Honestly I don't know, but it seems to me like extracting every single frame of a video as a lossless PNG is only really something that's necessary if you're trying to archive something or do frame by frame restoration. Either way, it is something that you hopefully aren't doing every day, so why not just let it run overnight & move on?

Otherwise ask yourself if you can settle with just extracting a single clip/section, or what's actually wrong with lossy jpeg with a low -qscale:v (high quality) - start around 5 and work down until you visually can't see any difference

[–] [email protected] 3 points 1 month ago (4 children)

I'm doing this to upscale and interpolate the video and I want the best quality possible, since the source is using h.264 and I'm exporting to AV1. I was using jpeg with qscale:v 0 and 100% quality but you could still see compression artifacts, which is why I want to use a lossless format now.
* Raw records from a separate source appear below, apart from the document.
-- ===== src/Prelude/Maps.antt =====
-- A Go map with text keys as an association list: its reads, writes, deletions and their laws.
use Prim.Native.String.{String}
use mathlib.Core.Path.{◌≡◌, refl}
use mathlib.Core.Logic.{inl, inr}
use mathlib.Core.List.{List, [], ◌∷◌}
use mathlib.Core.Option.{Option, none, some}
use native.Mathlib.Omega.{arith}
use text.Mathlib.Text.{◌==◌ as str_eq}
use text.Mathlib.TextEquality.{eq_iff}
use embd_project.Prelude.Tests.{if◌then◌else◌, Bool-cases}

module _ {ℓ} {V : Type ℓ} where
  -- `v, ok := m[key]`
  unfoldable pub lookup : String → List (String × V) → Option V
  lookup key [] = none
  lookup key ((at, v) ∷ tail) = if str_eq at key then some v else lookup key tail

  -- `m[key] = new`
  unfoldable pub insert : String → V → List (String × V) → List (String × V)
  insert key new [] = (key, new) ∷ []
  insert key new ((at, v) ∷ tail) =
      let later = insert key new tail in
      if str_eq at key then (key, new) ∷ tail else (at, v) ∷ later

  -- `delete(m, key)`
  unfoldable pub delete : String → List (String × V) → List (String × V)
  delete key [] = []
  delete key ((at, v) ∷ tail) =
      let later = delete key tail in if str_eq at key then later else (at, v) ∷ later

  pub lookup-insert :
      (key j : String) (new : V) (entries : List (String × V))
      → lookup j (insert key new entries) ≡ (if str_eq key j then some new else lookup j entries)
  unfolding lookup insert
  lookup-insert key j new [] = refl
  lookup-insert key j new ((at, v) ∷ tail) =
      ground (arith, lookup-insert key j new tail, eq_iff at j, eq_iff at key, eq_iff key j)

  pub lookup-delete :
      (key j : String) (entries : List (String × V))
      → lookup j (delete key entries) ≡ (if str_eq key j then none else lookup j entries)
  unfolding lookup delete
  lookup-delete key j [] = ground arith
  lookup-delete key j ((at, v) ∷ tail) =
      ground (arith, lookup-delete key j tail, eq_iff at j, eq_iff at key, eq_iff key j)

  -- A Go map has no key twice.
  abbrev pub DistinctKeys : List (String × V) → Type ℓ
  DistinctKeys [] = Unit
  DistinctKeys ((at, v) ∷ tail) = (lookup at tail ≡ none) × DistinctKeys tail

  pub insert-DistinctKeys :
      (key : String) (new : V) (entries : List (String × V))
      → DistinctKeys entries
      → DistinctKeys (insert key new entries)
  unfolding lookup insert
  insert-DistinctKeys key new [] d = (refl, tt)
  insert-DistinctKeys key new ((at, v) ∷ tail) d = elim (Bool-cases (str_eq at key)) [
    | inl hit ↦ rw hit (ground (arith, (eq_iff at key).0 hit, d.0), d.1)
    | inr miss ↦ rw miss (
      ground (arith, lookup-insert key at new tail, d.0, eq_iff key at, eq_iff at key),
      insert-DistinctKeys key new tail d.1,
    )
  ]

  pub delete-DistinctKeys :
      (key : String) (entries : List (String × V))
      → DistinctKeys entries
      → DistinctKeys (delete key entries)
  unfolding delete
  delete-DistinctKeys key [] d = tt
  delete-DistinctKeys key ((at, v) ∷ tail) d = elim (Bool-cases (str_eq at key)) [
    | inl hit ↦ rw hit (delete-DistinctKeys key tail d.1)
    | inr miss ↦
        rw miss (ground (arith, lookup-delete key at tail, d.0), delete-DistinctKeys key tail d.1)
  ]
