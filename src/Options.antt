-- ===== src/Options.antt =====
-- pkg/option/option.go: Boolean options of the daemon and of a machine.
-- `ToLower` and `SplitN` are Go's, and parameters. A loop over a Go map is a loop over an association
-- list, in whatever order its entries stand.
pub mod Applying
pub mod Parsing
use embd_project.Prelude.{
  ℕ, String, ◌+◌, Bool, true, false, ◌&&◌, ◌||◌, not, List, [], ◌∷◌, Option, none, some, str_eq,
  any, ◌==◌, if◌then◌else◌,
}
use embd_project.Prelude.Maps.{lookup, insert, delete}
use embd_project.Errors.{Error, unknown_option, immutable_option, invalid_option_value}

pub record Spec : Type 0 where
  pub define : String
  pub description : String
  pub immutable : Bool

abbrev pub OptionLibrary : Type 0
OptionLibrary = List (String × Spec)

abbrev pub OptionMap : Type 0
OptionMap = List (String × Bool)

-- `OptionLibrary.Lookup`: the first option whose name agrees up to case. `none` is the result `"", nil`.
unfoldable pub lookup_option : (String → String) → OptionLibrary → String → Option (String × Spec)
lookup_option to_lower [] name = none
lookup_option to_lower ((k, spec) ∷ l) name =
    if str_eq (to_lower k) (to_lower name) then some (k, spec) else lookup_option to_lower l name

unfoldable pub define : OptionLibrary → String → String
unfolding lookup
define l name = elim (lookup name l) [ none ↦ name | some spec ↦ spec.define ]

unfoldable pub validate_option : (String → String) → OptionLibrary → String → Option Error
unfolding lookup_option
validate_option to_lower l name = elim (lookup_option to_lower l name) [
  | none ↦ some (unknown_option name)
  | some (k, spec) ↦
      if str_eq k ""
      then some (unknown_option name)
      else if spec.immutable
      then some immutable_option
      else none
]

-- `BoolOptions`: its map may be nil, and the pointer to its library. The library is never changed.
pub record BoolOptions : Type 0 where
  pub opts : Option OptionMap
  pub library : Option OptionLibrary

unfoldable pub new_bool_options : Option OptionLibrary → BoolOptions
new_bool_options l = record { opts = some []; library = l }

-- `OptionMap.DeepCopy`
unfoldable pub copy_map : OptionMap → OptionMap → OptionMap
unfolding insert
copy_map [] cpy = cpy
copy_map ((k, v) ∷ om) cpy = copy_map om (insert k v cpy)

-- Reads of a nil map find nothing.
abbrev pub entries : BoolOptions → OptionMap
entries o = elim o.opts [ none ↦ [] | some om ↦ om ]

-- A copy of a nil map is an empty one.
unfoldable pub deep_copy : BoolOptions → BoolOptions
unfolding copy_map
deep_copy bo = record { opts = some (copy_map (entries bo) []); library = bo.library }

unfoldable pub is_enabled : String → BoolOptions → Bool
is_enabled key o = elim (lookup key (entries o)) [ none ↦ false | some set ↦ set ]

-- `o.Opts[key] = value`, which panics on a nil map; then there is no result.
unfoldable pub set_option : String → Bool → BoolOptions → Option BoolOptions
set_option key value o = elim o.opts [
  | none ↦ none
  | some om ↦ some (record o { opts = some (insert key value om) })
]

unfoldable pub delete_option : String → BoolOptions → BoolOptions
delete_option key o = elim o.opts [ none ↦ o | some om ↦ record o { opts = some (delete key om) } ]

unfoldable pub set_if_unset : String → Bool → BoolOptions → Option BoolOptions
unfolding set_option
set_if_unset key value o = elim (lookup key (entries o)) [
  | none ↦ set_option key value o
  | some _ ↦ some o
]

unfoldable pub inherit_default : BoolOptions → String → BoolOptions → Option BoolOptions
unfolding set_option is_enabled
inherit_default parent key o = set_option key (is_enabled key parent) o

-- How a validation ends: a nil library panics.
pub data Verdict : Type 0 where
  valid panicked : Verdict
  invalid : Error → Verdict

unfoldable pub validate : (String → String) → OptionMap → BoolOptions → Verdict
unfolding validate_option
validate to_lower [] o = valid
validate to_lower ((k, v) ∷ n) o =
    let rest = validate to_lower n o in
    elim o.library [
      | none ↦ panicked
      | some l ↦ elim (validate_option to_lower l k) [ none ↦ rest | some e ↦ invalid e ]
    ]

-- One round of the loop of `Apply`: the options, and whether the option was changed.
unfoldable pub apply_one : String → Bool → BoolOptions → Option (BoolOptions × Bool)
unfolding is_enabled set_option
apply_one k v o =
    let changed : Option (BoolOptions × Bool) = elim (set_option k v o) [
      | none ↦ none
      | some o' ↦ some (o', true)
    ] in
    if v
    then if is_enabled k o then some (o, false) else changed
    else if is_enabled k o
    then changed
    else some (o, false)

-- `Apply`: the options, and the keys for which `changed` was called.
unfoldable pub apply : OptionMap → BoolOptions → Option (BoolOptions × List String)
unfolding apply_one
apply [] o = some (o, [])
apply ((k, v) ∷ n) o = elim (apply_one k v o) [
  | none ↦ none
  | some (o', did) ↦ elim (apply n o') [
    | none ↦ none
    | some (o'', changes) ↦ some (o'', if did then k ∷ changes else changes)
  ]
]

is_one_of : String → List String → Bool
is_one_of s = any (str_eq s)

-- What `ParseOption` uses of Go's strings: lower case, the first byte of a text with the text after
-- it (`none` for the empty text), and the parts before and after the first `=`.
pub record GoStrings : Type 0 where
  pub to_lower : String → String
  pub uncons : String → Option (ℕ × String)
  pub split_at_equals : String → String × Option String

-- An index into the empty text panics.
pub data Parsed : Type 0 where
  parsed : String → Bool → Parsed
  refused : Error → Parsed
  panics : Parsed

-- The switch on the text after `=`; `none` is its default case.
unfoldable pub parse_value : (String → String) → String → Option Bool
unfolding is_one_of
parse_value to_lower s =
    if is_one_of (to_lower s) ("true" ∷ "on" ∷ "enable" ∷ "enabled" ∷ [])
    then some true
    else if is_one_of (to_lower s) ("false" ∷ "off" ∷ "disable" ∷ "disabled" ∷ [])
    then some false
    else none

unfoldable pub find_option : (String → String) → OptionLibrary → String → Bool → Parsed
unfolding lookup_option
find_option to_lower lib name enabled = elim (lookup_option to_lower lib name) [
  | none ↦ refused (unknown_option name)
  | some (k, spec) ↦
      if str_eq k ""
      then refused (unknown_option name)
      else if spec.immutable
      then refused immutable_option
      else parsed k enabled
]

parse_rest : GoStrings → Bool → String → OptionLibrary → Parsed
parse_rest g enabled arg lib =
    let (name, value) = g.split_at_equals arg in
    elim value [
      | none ↦ find_option g.to_lower lib name enabled
      | some text ↦ elim (parse_value g.to_lower text) [
        | none ↦ refused (invalid_option_value text)
        | some given ↦ find_option g.to_lower lib name given
      ]
    ]

unfoldable pub parse_option : GoStrings → String → OptionLibrary → Parsed
unfolding parse_rest
parse_option g arg lib = elim (g.uncons arg) [
  | none ↦ panics
  | some (c, rest) ↦ if c == b'!' then parse_rest g false rest lib else parse_rest g true arg lib
]
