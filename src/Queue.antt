-- ===== src/Queue.antt =====
-- common/message/queue.go: the work queue behind every driver, controller and router node.
-- A set of identities is its membership function; each method runs under the queue's lock, so a
-- history of a queue is a list of whole method calls.
pub mod Identity
pub mod NoLoss
pub mod Stingy
pub mod Drain
pub mod Reenqueue
pub mod Store
use embd_project.Prelude.{String, ℕ, Bool, true, false, List, [], ◌∷◌, ◌++◌, length, if◌then◌else◌}
use embd_project.Message.{MessageId, Message, id_eq}

abbrev pub IdSet : Type 0
IdSet = MessageId → Bool

-- `s[id] = struct{}{}`
abbrev pub with_id : IdSet → MessageId → IdSet
with_id s id j = if id_eq id j then true else s j

-- `delete(s, id)`
abbrev pub without_id : IdSet → MessageId → IdSet
without_id s id j = if id_eq id j then false else s j

pub record Queue : Type 0 where
  pub q_id : String
  pub queue : List Message
  pub dirty : IdSet
  pub processing : IdSet
  pub shutting_down : Bool

unfoldable pub new_queue : String → Queue
new_queue id = record {
  q_id = id;
  queue = [];
  dirty = λ _. false;
  processing = λ _. false;
  shutting_down = false;
}

unfoldable pub add : Message → Queue → Queue
add msg q =
    if q.shutting_down
    then q
    else if q.dirty msg.id
    then q
    else let q' = record q { dirty = with_id q.dirty msg.id } in
      if q.processing msg.id then q' else record q' { queue = q.queue ++ msg ∷ [] }

-- What `Get` does: it waits while the queue is empty, hands over a message, or reports shutdown.
pub data Got : Type 0 where
  waits : Got
  message : Message → Got
  shutdown : Got

take_head : Queue → List Message → Queue × Got
take_head q [] = (q, if q.shutting_down then shutdown else waits)
take_head q (msg ∷ rest) = (
  record q {
    queue = rest;
    processing = with_id q.processing msg.id;
    dirty = without_id q.dirty msg.id;
  },
  message msg,
)

unfoldable pub get : Queue → Queue × Got
unfolding take_head
get q = take_head q q.queue

unfoldable pub done : Message → Queue → Queue
done msg q =
    let q' = record q { processing = without_id q.processing msg.id } in
    if q.dirty msg.id
    then record q' { dirty = without_id q.dirty msg.id; queue = q.queue ++ msg ∷ [] }
    else q'

unfoldable pub shut_down : Queue → Queue
shut_down q = record q { shutting_down = true }

abbrev pub is_shutting_down : Queue → Bool
is_shutting_down q = q.shutting_down

abbrev pub len : Queue → ℕ
len q = length q.queue

-- One method call by a producer or a consumer.
pub data Call : Type 0 where
  adds : Message → Call
  gets : Call
  dones : Message → Call
  shuts_down : Call

unfoldable pub step : Queue → Call → Queue
unfolding add get done shut_down
step q (adds m) = add m q
step q gets = (get q).0
step q (dones m) = done m q
step q shuts_down = shut_down q

unfoldable pub run : Queue → List Call → Queue
unfolding step
run q [] = q
run q (c ∷ cs) = run (step q c) cs
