-- ===== src/NodeGrpc/Client.antt =====
-- nodeGRPC/client.go: the client.
use go_tari_lib.Common.{ℕ, ◌*◌, ◌==◌, if◌then◌else◌, Option, some, none, List, [], ◌∷◌}
use go_tari_lib.Common.Result.{Result, ok, err}
use go_tari_lib.Common.Action.{Action, ◌>>=◌, give}
use go_tari_lib.Grpc.{CallError, Message, insecure_credentials, Dialer}
use go_tari_lib.Grpc.Stream.{drain, recv}
use go_tari_lib.NodeGrpc.Messages.{
  tip_info_request, network_state_request, identity_request, sync_progress_request,
  mempool_stats_request, new_block_template_request, new_block_with_coinbases_request,
  new_block_template_with_coinbases_request, new_block_request, header_by_hash_request,
  submit_block_request, HeightRequest, HistoricalBlock, BaseNodeClient,
}

pub record Client (Conn : Type 0) : Type 0 where
  pub conn : Conn

module _ {Conn : Type 0} where
  abbrev pub dialled : Conn × Option CallError → Result CallError (Client Conn)
  dialled (conn, some e) = err e
  dialled (conn, none) = ok (record { conn = conn })

  unfoldable pub new_client : Dialer Conn → List ℕ → Result CallError (Client Conn)
  new_client dialer node_address =
      dialled (dialer.new_client node_address (insecure_credentials ∷ []))

abbrev pub max_message_size : ℕ
max_message_size = 16 * 1024 * 1024

abbrev pub get_block : HistoricalBlock → Option Message
get_block r = r.block

-- One block from the tip, or the one at the height.
abbrev pub height_request : ℕ → HeightRequest
height_request height =
    if height == 0
    then record { from_tip = 1; start_height = 0; end_height = 0 }
    else record { from_tip = 0; start_height = height; end_height = height }

module _ {World Conn Ctx : Type 0} (node : BaseNodeClient World Conn Ctx) (background : Ctx)
    (c : Client Conn) where
  unfoldable pub get_tip_info : Action World CallError Message
  get_tip_info = node.unary c.conn background tip_info_request

  unfoldable pub get_block_template : Option Message → Action World CallError Message
  get_block_template algo = node.unary c.conn background (new_block_template_request algo)

  unfoldable pub get_block_with_coinbases : Option Message → Action World CallError Message
  get_block_with_coinbases request_data =
      node.unary c.conn background (new_block_with_coinbases_request request_data)

  unfoldable pub get_new_block_template_with_coinbases :
      Option Message → Action World CallError Message
  get_new_block_template_with_coinbases request_data =
      node.unary c.conn background (new_block_template_with_coinbases_request request_data)

  unfoldable pub get_network_state : Action World CallError Message
  get_network_state = node.unary c.conn background network_state_request

  unfoldable pub get_new_block : Option Message → Action World CallError Message
  get_new_block request_data = node.unary c.conn background (new_block_request request_data)

  unfoldable pub get_block_by_height : List ℕ → Action World CallError (List (Option Message))
  get_block_by_height block_ids = do
    active_client ← node.get_blocks c.conn background block_ids max_message_size
    give (drain get_block active_client)

  unfoldable pub get_header_by_hash : List ℕ → Action World CallError Message
  get_header_by_hash block_hash = node.unary c.conn background (header_by_hash_request block_hash)

  unfoldable pub submit_block : Option Message → Action World CallError Message
  submit_block request_data = node.unary c.conn background (submit_block_request request_data)

  unfoldable pub get_network_diff : ℕ → Action World CallError Message
  get_network_diff height = do
    diff_client ← node.get_network_difficulty c.conn background (height_request height)
    give (recv diff_client)

  unfoldable pub get_node_identity : Action World CallError Message
  get_node_identity = node.unary c.conn background identity_request

  unfoldable pub get_sync_progress : Action World CallError Message
  get_sync_progress = node.unary c.conn background sync_progress_request

  unfoldable pub get_mempool_stats : Action World CallError Message
  get_mempool_stats = node.unary c.conn background mempool_stats_request
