-- ===== src/NodeGrpc/Deprecated.antt =====
-- nodeGRPC/client.go: the functions of the package, over the one connection it keeps.
pub mod Agreement
use go_tari_lib.Common.{ℕ, Bool, ◌==◌, if◌then◌else◌, Option, some, none, List, [], ◌∷◌}
use go_tari_lib.Common.Result.{Result, ok, err}
use go_tari_lib.Common.Action.{Action, ◌>>=◌, give}
use go_tari_lib.Grpc.{CallError, Message, insecure_credentials, Dialer}
use go_tari_lib.Grpc.Stream.{drain, recv}
use go_tari_lib.NodeGrpc.Messages.{
  tip_info_request, network_state_request, identity_request, sync_progress_request,
  mempool_stats_request, new_block_template_request, new_block_with_coinbases_request,
  new_block_template_with_coinbases_request, new_block_request, header_by_hash_request,
  submit_block_request, HeightRequest, HistoricalBlock, BaseNodeClient,
}
use go_tari_lib.NodeGrpc.Client.{get_block, height_request, max_message_size}

-- The variables of the package.
pub record Globals (Conn : Type 0) : Type 0 where
  pub grpc_node_address : List ℕ
  pub grpc_conn : Conn

-- The error of the dialling is dropped.
unfoldable pub init_node_grpc : {Conn : Type 0} → Dialer Conn → List ℕ → Globals Conn
init_node_grpc dialer node_address = record {
  grpc_node_address = node_address;
  grpc_conn = (dialer.new_client node_address (insecure_credentials ∷ [])).0;
}

module _ {World Conn Ctx : Type 0} (node : BaseNodeClient World Conn Ctx) (background : Ctx)
    (g : Globals Conn) where
  unfoldable pub get_tip_info : Action World CallError Message
  get_tip_info = node.unary g.grpc_conn background tip_info_request

  unfoldable pub get_block_template : Option Message → Action World CallError Message
  get_block_template algo = node.unary g.grpc_conn background (new_block_template_request algo)

  unfoldable pub get_block_with_coinbases : Option Message → Action World CallError Message
  get_block_with_coinbases request_data =
      node.unary g.grpc_conn background (new_block_with_coinbases_request request_data)

  unfoldable pub get_new_block_template_with_coinbases :
      Option Message → Action World CallError Message
  get_new_block_template_with_coinbases request_data =
      node.unary g.grpc_conn background (new_block_template_with_coinbases_request request_data)

  unfoldable pub get_network_state : Action World CallError Message
  get_network_state = node.unary g.grpc_conn background network_state_request

  unfoldable pub get_new_block : Option Message → Action World CallError Message
  get_new_block request_data = node.unary g.grpc_conn background (new_block_request request_data)

  unfoldable pub get_block_by_height : List ℕ → Action World CallError (List (Option Message))
  get_block_by_height block_ids = do
    active_client ← node.get_blocks g.grpc_conn background block_ids max_message_size
    give (drain get_block active_client)

  unfoldable pub get_header_by_hash : List ℕ → Action World CallError Message
  get_header_by_hash block_hash =
      node.unary g.grpc_conn background (header_by_hash_request block_hash)

  unfoldable pub submit_block : Option Message → Action World CallError Message
  submit_block request_data = node.unary g.grpc_conn background (submit_block_request request_data)

  unfoldable pub get_network_diff : ℕ → Action World CallError Message
  get_network_diff height = do
    diff_client ← node.get_network_difficulty g.grpc_conn background (height_request height)
    give (recv diff_client)

  unfoldable pub get_node_identity : Action World CallError Message
  get_node_identity = node.unary g.grpc_conn background identity_request

  unfoldable pub get_sync_progress : Action World CallError Message
  get_sync_progress = node.unary g.grpc_conn background sync_progress_request

  unfoldable pub get_mempool_stats : Action World CallError Message
  get_mempool_stats = node.unary g.grpc_conn background mempool_stats_request
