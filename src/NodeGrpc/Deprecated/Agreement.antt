-- ===== src/NodeGrpc/Deprecated/Agreement.antt =====
-- nodeGRPC/client.go: the functions of the package against those of the client.
use mathlib.Core.Path.{subst}
use go_tari_lib.Common.{ℕ, ◌≡◌, refl, Option, some, none, List, [], ◌∷◌}
use go_tari_lib.Common.Result.{Result, ok, err, ok-injective}
use go_tari_lib.Grpc.{CallError, Message, Dialer, insecure_credentials}
use go_tari_lib.NodeGrpc.Messages.{BaseNodeClient}
use go_tari_lib.NodeGrpc.Client
use go_tari_lib.NodeGrpc.Client.{Client, new_client, dialled}
use go_tari_lib.NodeGrpc.Deprecated
use go_tari_lib.NodeGrpc.Deprecated.{Globals, init_node_grpc}

module _ {World Conn Ctx : Type 0} (node : BaseNodeClient World Conn Ctx) (background : Ctx) where
  -- The package's functions do what the client's do.
  pub record IsSame (g : Globals Conn) (c : Client Conn) : Type 0 where
    pub same_tip_info :
        Deprecated.get_tip_info node background g ≡ Client.get_tip_info node background c
    pub same_block_template :
        (request : Option Message) (w : World)
        → Deprecated.get_block_template node background g request w
          ≡ Client.get_block_template node background c request w
    pub same_block_with_coinbases :
        (request : Option Message) (w : World)
        → Deprecated.get_block_with_coinbases node background g request w
          ≡ Client.get_block_with_coinbases node background c request w
    pub same_new_block_template_with_coinbases :
        (request : Option Message) (w : World)
        → Deprecated.get_new_block_template_with_coinbases node background g request w
          ≡ Client.get_new_block_template_with_coinbases node background c request w
    pub same_network_state :
        Deprecated.get_network_state node background g ≡ Client.get_network_state node background c
    pub same_new_block :
        (request : Option Message) (w : World)
        → Deprecated.get_new_block node background g request w
          ≡ Client.get_new_block node background c request w
    pub same_block_by_height :
        (bytes : List ℕ) (w : World)
        → Deprecated.get_block_by_height node background g bytes w
          ≡ Client.get_block_by_height node background c bytes w
    pub same_header_by_hash :
        (bytes : List ℕ) (w : World)
        → Deprecated.get_header_by_hash node background g bytes w
          ≡ Client.get_header_by_hash node background c bytes w
    pub same_submit_block :
        (request : Option Message) (w : World)
        → Deprecated.submit_block node background g request w
          ≡ Client.submit_block node background c request w
    pub same_network_diff :
        (height : ℕ) (w : World)
        → Deprecated.get_network_diff node background g height w
          ≡ Client.get_network_diff node background c height w
    pub same_node_identity :
        Deprecated.get_node_identity node background g ≡ Client.get_node_identity node background c
    pub same_sync_progress :
        Deprecated.get_sync_progress node background g ≡ Client.get_sync_progress node background c
    pub same_mempool_stats :
        Deprecated.get_mempool_stats node background g ≡ Client.get_mempool_stats node background c

  one_connection : (g : Globals Conn) → IsSame g (record { conn = g.grpc_conn })
  unfolding Deprecated.get_tip_info Client.get_tip_info Deprecated.get_block_template
      Client.get_block_template Deprecated.get_block_with_coinbases Client.get_block_with_coinbases
      Deprecated.get_new_block_template_with_coinbases Client.get_new_block_template_with_coinbases
      Deprecated.get_network_state Client.get_network_state Deprecated.get_new_block
      Client.get_new_block Deprecated.get_block_by_height Client.get_block_by_height
      Deprecated.get_header_by_hash Client.get_header_by_hash Deprecated.submit_block
      Client.submit_block Deprecated.get_network_diff Client.get_network_diff
      Deprecated.get_node_identity Client.get_node_identity Deprecated.get_sync_progress
      Client.get_sync_progress Deprecated.get_mempool_stats Client.get_mempool_stats
  one_connection g = record {
    same_tip_info = refl;
    same_block_template = λ request w. refl;
    same_block_with_coinbases = λ request w. refl;
    same_new_block_template_with_coinbases = λ request w. refl;
    same_network_state = refl;
    same_new_block = λ request w. refl;
    same_block_by_height = λ bytes w. refl;
    same_header_by_hash = λ bytes w. refl;
    same_submit_block = λ request w. refl;
    same_network_diff = λ height w. refl;
    same_node_identity = refl;
    same_sync_progress = refl;
    same_mempool_stats = refl;
  }

module _ {Conn : Type 0} where
  dialled_conn :
      (p : Conn × Option CallError) (c : Client Conn)
      → dialled p ≡ ok c
      → ◌≡◌ {A = Client Conn} (record { conn = p.0 }) c
  dialled_conn (conn, none) c e = ok-injective (record { conn = conn }) c e
  dialled_conn (conn, some f) c e = absurd (clash e)
    where
      clash : ◌≡◌ {A = Result CallError (Client Conn)} (err f) (ok c) → ⊥
      clash k = cc

-- When a client can be made for an address, all functions of the package, once initialised with the same
-- address over the same library, do for every state of the world what the client's functions do: equal
-- results and equal effects.
pub init_node_grpc-IsSame :
    {World Conn Ctx : Type 0}
    → (node : BaseNodeClient World Conn Ctx) (background : Ctx) (dialer : Dialer Conn)
      (node_address : List ℕ) (c : Client Conn)
    → new_client dialer node_address ≡ ok c
    → IsSame node background (init_node_grpc dialer node_address) c
unfolding new_client init_node_grpc
init_node_grpc-IsSame node background dialer node_address c e =
    subst (IsSame node background (init_node_grpc dialer node_address))
      (dialled_conn (dialer.new_client node_address (insecure_credentials ∷ [])) c e)
      (one_connection node background (init_node_grpc dialer node_address))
The upscaling and interpolation also takes quite a lot of time, so I'm also trying to minimize the time each step takes, if possible, since I'll be doing this with multiple videos and I'll probably use these scripts I made in the future a few more times.

[–] [email protected] 2 points 1 month ago (1 children)

Have you considered using av1an? it supports vaporsynth which has a large amount of upscale and frame interpolation tools, AI or not. If your upscaler supports vapoursynth, it could be a lot better option.

[–] [email protected] 2 points 1 month ago* (last edited 1 month ago)

I use upscayl-ncnn (basically just the cli version of Upscayl) and it doesn't support vapoursynth. I've heard of it before but I don't really know what it is or how to use it.